Problem to solve:
For the entries below, repeat exactly each line starting with the one that contains "let (below, above)" and going on through the one that contains "inr (inr (inl", and no others.

(Stored items)

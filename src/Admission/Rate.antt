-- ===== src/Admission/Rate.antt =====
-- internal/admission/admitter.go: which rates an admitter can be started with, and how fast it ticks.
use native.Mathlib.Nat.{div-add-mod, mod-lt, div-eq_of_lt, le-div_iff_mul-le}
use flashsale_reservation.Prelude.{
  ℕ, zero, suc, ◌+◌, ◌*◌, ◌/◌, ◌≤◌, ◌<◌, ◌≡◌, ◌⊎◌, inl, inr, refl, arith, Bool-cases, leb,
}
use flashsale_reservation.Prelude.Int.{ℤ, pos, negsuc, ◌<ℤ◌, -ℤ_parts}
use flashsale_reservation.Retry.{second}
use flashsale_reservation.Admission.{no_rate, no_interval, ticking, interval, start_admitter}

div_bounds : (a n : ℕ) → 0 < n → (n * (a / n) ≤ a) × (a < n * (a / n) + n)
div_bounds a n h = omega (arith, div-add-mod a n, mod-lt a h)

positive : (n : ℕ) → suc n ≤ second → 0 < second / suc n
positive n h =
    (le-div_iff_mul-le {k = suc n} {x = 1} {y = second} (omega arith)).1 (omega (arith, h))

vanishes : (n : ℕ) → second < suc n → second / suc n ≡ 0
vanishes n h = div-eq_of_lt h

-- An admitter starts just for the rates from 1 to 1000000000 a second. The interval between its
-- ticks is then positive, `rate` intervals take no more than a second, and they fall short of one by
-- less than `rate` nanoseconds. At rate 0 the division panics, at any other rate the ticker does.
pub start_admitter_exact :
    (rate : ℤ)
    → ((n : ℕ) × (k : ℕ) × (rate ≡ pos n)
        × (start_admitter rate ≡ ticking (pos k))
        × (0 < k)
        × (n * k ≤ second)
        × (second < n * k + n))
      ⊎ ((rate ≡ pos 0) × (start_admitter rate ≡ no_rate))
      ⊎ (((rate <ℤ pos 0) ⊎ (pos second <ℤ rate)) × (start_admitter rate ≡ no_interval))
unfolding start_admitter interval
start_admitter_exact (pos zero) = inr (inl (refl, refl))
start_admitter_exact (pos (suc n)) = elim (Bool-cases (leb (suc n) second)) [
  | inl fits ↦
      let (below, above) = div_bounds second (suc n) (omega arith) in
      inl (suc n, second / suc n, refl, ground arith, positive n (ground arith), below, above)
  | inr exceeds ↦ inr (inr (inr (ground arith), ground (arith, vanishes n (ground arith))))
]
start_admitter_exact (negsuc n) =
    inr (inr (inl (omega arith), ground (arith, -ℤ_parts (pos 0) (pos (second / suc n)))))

==

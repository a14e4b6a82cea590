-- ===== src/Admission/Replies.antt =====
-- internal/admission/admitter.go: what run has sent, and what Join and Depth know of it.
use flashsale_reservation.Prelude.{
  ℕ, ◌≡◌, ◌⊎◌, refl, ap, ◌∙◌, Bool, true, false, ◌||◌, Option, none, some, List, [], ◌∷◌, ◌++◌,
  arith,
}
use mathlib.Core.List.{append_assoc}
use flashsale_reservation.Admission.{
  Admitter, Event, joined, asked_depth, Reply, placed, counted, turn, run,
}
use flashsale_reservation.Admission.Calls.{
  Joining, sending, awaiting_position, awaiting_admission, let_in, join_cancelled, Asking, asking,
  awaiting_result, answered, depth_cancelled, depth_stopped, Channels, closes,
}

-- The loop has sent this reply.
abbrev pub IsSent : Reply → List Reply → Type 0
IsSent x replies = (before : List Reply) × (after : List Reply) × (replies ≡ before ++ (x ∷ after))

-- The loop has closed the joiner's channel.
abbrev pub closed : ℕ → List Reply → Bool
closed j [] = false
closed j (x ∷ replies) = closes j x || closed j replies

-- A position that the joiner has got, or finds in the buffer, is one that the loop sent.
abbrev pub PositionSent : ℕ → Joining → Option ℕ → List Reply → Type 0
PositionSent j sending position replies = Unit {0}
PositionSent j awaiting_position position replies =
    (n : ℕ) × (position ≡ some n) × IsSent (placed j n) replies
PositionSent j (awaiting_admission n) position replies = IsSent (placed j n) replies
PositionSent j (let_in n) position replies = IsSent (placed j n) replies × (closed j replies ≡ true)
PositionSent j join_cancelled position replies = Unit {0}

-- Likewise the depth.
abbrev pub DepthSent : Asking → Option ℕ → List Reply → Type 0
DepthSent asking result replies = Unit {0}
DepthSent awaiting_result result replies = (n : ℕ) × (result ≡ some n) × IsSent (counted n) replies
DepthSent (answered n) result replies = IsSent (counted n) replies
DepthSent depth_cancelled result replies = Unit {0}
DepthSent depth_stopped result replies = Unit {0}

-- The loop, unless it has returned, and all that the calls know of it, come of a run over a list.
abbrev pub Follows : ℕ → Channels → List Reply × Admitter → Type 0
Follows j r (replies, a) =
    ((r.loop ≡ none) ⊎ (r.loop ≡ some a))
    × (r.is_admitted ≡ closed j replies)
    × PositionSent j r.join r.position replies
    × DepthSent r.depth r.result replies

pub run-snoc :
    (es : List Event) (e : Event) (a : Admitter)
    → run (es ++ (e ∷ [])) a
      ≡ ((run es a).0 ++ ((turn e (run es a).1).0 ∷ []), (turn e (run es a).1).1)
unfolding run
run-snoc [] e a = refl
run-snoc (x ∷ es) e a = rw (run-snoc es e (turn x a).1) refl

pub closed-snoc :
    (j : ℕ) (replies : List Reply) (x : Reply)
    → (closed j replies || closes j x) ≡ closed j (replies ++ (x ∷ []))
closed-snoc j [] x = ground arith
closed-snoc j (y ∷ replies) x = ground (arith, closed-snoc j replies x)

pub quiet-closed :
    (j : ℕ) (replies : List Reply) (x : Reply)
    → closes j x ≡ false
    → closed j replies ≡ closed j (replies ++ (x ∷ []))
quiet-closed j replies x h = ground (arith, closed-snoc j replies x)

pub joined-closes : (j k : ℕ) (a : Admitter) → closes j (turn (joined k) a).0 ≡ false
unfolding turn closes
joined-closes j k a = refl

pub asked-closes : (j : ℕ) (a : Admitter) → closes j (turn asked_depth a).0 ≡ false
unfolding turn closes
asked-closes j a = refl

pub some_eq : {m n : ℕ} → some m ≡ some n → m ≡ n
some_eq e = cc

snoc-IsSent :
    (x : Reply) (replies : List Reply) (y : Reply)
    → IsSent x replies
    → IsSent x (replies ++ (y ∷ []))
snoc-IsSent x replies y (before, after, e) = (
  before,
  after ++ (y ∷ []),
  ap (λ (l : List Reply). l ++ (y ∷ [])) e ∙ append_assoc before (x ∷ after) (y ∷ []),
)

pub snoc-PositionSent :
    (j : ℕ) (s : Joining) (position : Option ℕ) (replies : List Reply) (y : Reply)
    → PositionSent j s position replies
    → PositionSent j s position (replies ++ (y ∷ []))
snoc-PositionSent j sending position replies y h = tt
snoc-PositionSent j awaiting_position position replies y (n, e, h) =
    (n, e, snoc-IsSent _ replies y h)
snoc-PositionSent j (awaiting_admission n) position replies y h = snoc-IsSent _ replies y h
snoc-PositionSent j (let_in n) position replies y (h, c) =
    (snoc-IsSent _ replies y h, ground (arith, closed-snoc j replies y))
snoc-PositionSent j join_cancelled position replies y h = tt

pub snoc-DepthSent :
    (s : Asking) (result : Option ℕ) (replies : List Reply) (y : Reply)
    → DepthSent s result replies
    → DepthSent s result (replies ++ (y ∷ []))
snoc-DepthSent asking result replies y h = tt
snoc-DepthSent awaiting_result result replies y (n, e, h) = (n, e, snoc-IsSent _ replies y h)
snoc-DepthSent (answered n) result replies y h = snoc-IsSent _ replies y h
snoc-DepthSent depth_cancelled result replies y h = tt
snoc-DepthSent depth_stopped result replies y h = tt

Exercise answer:
      let (below, above) = div_bounds second (suc n) (omega arith) in
      inl (suc n, second / suc n, refl, ground arith, positive n (ground arith), below, above)
  | inr exceeds ↦ inr (inr (inr (ground arith), ground (arith, vanishes n (ground arith))))
]
start_admitter_exact (negsuc n) =
    inr (inr (inl (omega arith), ground (arith, -ℤ_parts (pos 0) (pos (second / suc n)))))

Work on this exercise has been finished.